Feliz explained that he is worried because China, unlike the West, is not very transparent about why it gives aid and what it gets in return. “It looks like we are getting a lot and they are getting very little,” he said. “But in reality, I am certain they get so much more, but we can’t see what it is they are gaining. It’s as if they are robbing us and giving us just a little.” He has discussed this topic at length with like-minded peers in Mozambique and while in China he met many other Africans with the same fears.
Darcilio mentioned similar concerns, in slightly more diplomatic language. He pointed out the stories he’d heard of illegal Chinese fishing and said, “They are investing in us because they expect a profit. If we aren’t careful we could end up in a really disadvantaged situation.”
If the CI is aware of these fears, it is doing little to assuage them. Students repeatedly underscored the fact that there is basically no instruction on Chinese politics or policies, let alone how these might interact with Mozambique. This may preempt accusations – common in the West – that CIs are little more than propaganda outlets, but it leaves students woefully uneducated in basic facts about China. “They don’t have a president, he’s called something else,” Ercília*, who had won a short-term scholarship to China, offered when asked what she’d learned about Chinese politics in class. Darcilio explained that he once received a brief overview of the Chinese system of government, but this happened in one of his first classes before he understood much Chinese.

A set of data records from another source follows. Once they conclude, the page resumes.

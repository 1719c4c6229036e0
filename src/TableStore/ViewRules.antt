-- ===== src/TableStore/ViewRules.antt =====
-- What creating and deleting views leaves in the files, also where the call raises
-- (app/services/smart_table_store/file_backend.py).
use qtable_server.Base.{
  suc, ◌≤◌, String, false, Option, none, some, [], ◌∷◌, ◌≡◌, refl, sym, ap, ◌∙◌, ◌⊎◌, subst, inl,
  inr, arith, eq_iff, string_eq, nat_eq, Dict, leb, lookup, insert, find, length, ◌&&◌,
  lookup-insert, Bool-cases, Option-cases, has_key, if◌then◌else◌,
}
use qtable_server.Base.Result.{err}
use qtable_server.Json.{Json, get, truthy}
use qtable_server.TableStore.{Table, Files, import_error, key_error, save_table, has_id, ◌>>◌}
use qtable_server.TableStore.Records.{load-then}
use qtable_server.TableStore.Views.{
  set_file_table_default_view_id, make_default, first_has_id, kept_views, remove_view,
  create_view_file, delete_view_file,
}

-- The first view of a stored table is saved, and then the call raises: for the missing key where the
-- view has no id, and else for the name that cannot be imported.
pub create_view_file-first_view :
    (template : Table) (table_id : String) (view : Dict Json) (files : Files) (store : Table)
    → lookup table_id files ≡ some store
    → store.views ≡ []
    → create_view_file template table_id view files ≡ (
      err (if has_key "id" view then import_error else key_error),
      insert table_id (record store { views = view ∷ [] }) files,
    )
unfolding create_view_file save_table ◌>>◌ set_file_table_default_view_id make_default
create_view_file-first_view template table_id view files store h e =
    load-then template table_id store files _ h
    ∙ rw e (elim (Option-cases (lookup "id" view)) [
      | inl absent ↦ rw (absent, has_key, make_default) refl
      | inr (id, there) ↦ rw (there, has_key, make_default) refl
    ])

lookup-inserted : (k : String) (t : Table) (files : Files) → lookup k (insert k t files) ≡ some t
lookup-inserted k t files = ground (arith, eq_iff k k, lookup-insert k k t files)

remove_leaves :
    (table_id view_id : String) (store : Table) (files : Files) (o : Option (Dict Json))
    → ((remove_view table_id view_id store o files).1 ≡ files)
      ⊎ ((remove_view table_id view_id store o files).1
          ≡ insert table_id (record store { views = kept_views view_id store }) files)
unfolding remove_view save_table ◌>>◌ set_file_table_default_view_id
remove_leaves table_id view_id store files none = inl refl
remove_leaves table_id view_id store files (some removed) =
    elim (Bool-cases (truthy (get "id" removed) && first_has_id (kept_views view_id store))) [
      | inl default_moves ↦ rw default_moves (inr refl)
      | inr stays ↦ rw stays (inr refl)
    ]

-- The files are as they were, or the table had two views and lost those with the id.
delete_leaves :
    (template : Table) (table_id view_id : String) (files : Files) (store : Table)
    → lookup table_id files ≡ some store
    → ((delete_view_file template table_id view_id files).1 ≡ files)
      ⊎ (((delete_view_file template table_id view_id files).1
            ≡ insert table_id (record store { views = kept_views view_id store }) files)
          × (leb (length store.views) 1 ≡ false))
unfolding delete_view_file
delete_leaves template table_id view_id files store h =
    subst
      (λ p.
        (p.1 ≡ files)
        ⊎ ((p.1 ≡ insert table_id (record store { views = kept_views view_id store }) files)
            × (leb (length store.views) 1 ≡ false)))
      (sym (load-then template table_id store files _ h))
      (elim (Bool-cases (leb (length store.views) 1)) [
        | inl last ↦ rw last (inl refl)
        | inr more ↦
            rw more
              (elim (remove_leaves table_id view_id store files
                (find (has_id view_id) store.views)) [
                  | inl same ↦ inl same
                  | inr saved ↦ inr (saved, refl)
                ])
      ])

-- Where at most one view has the id, deleting a view never takes the last view of a table, whether
-- the call returns or raises.
pub delete_view_file-keeps_one :
    (template : Table) (table_id view_id : String) (files : Files) (store store' : Table)
    → lookup table_id files ≡ some store
    → 1 ≤ length store.views
    → length store.views ≤ suc (length (kept_views view_id store))
    → lookup table_id (delete_view_file template table_id view_id files).1 ≡ some store'
    → 1 ≤ length store'.views
delete_view_file-keeps_one template table_id view_id files store store' h some_view once after =
    elim (delete_leaves template table_id view_id files store h) [
      | inl same ↦
          subst (λ t. 1 ≤ length t.views)
            (some_inj (sym h ∙ ap (lookup table_id) (sym same) ∙ after)) some_view
      | inr (saved, more) ↦
          subst (λ t. 1 ≤ length t.views)
            (some_inj (
              sym
                (lookup-inserted table_id (record store { views = kept_views view_id store }) files)
              ∙ ap (lookup table_id) (sym saved)
              ∙ after))
            (ground (arith, once, more))
    ]
  where
    some_inj : {a b : Table} → ◌≡◌ {A = Option Table} (some a) (some b) → a ≡ b
    some_inj e = cc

Yet even the more suspicious students bemoan what they see as ignorance about China and Chinese people on the part of the general Mozambican public. “They say things like ‘the Chinese eat snakes,’” Darcilio said, with an eye roll. Some with higher opinions of Chinese involvement think that the general lack of knowledge unfairly maligns China. Willy*, who believes that China’s influence is mostly positive, thinks the common idea that Chinese products are cheap and unreliable is false, and argues that people might only believe this because Mozambique is a poor country so people can’t afford nicer things yet. Benny explained that even though Chinese are culturally distinct he doesn’t think they are given enough of a chance by most Mozambicans.
But this clarifying impulse only goes so far. When asked if he would defend China in arguments with people who think poorly of the country Benny emphatically stated, “No, people have their own opinions and its not worth trying to change their minds.” For now it appears that a belief in the growing power of China, rather than a deep-seated affinity for the People’s Republic or its policies, is the main soft power dividend being reaped from Mozambique’s Confucius Institute.
Ari Rickman is a U.S. based research analyst focusing on Latin America and Sub-Saharan Africa. During the 2018-2019 academic year, Rickman studied in Mozambique on a Boren Scholarship, where he conducted the interviews used in this article.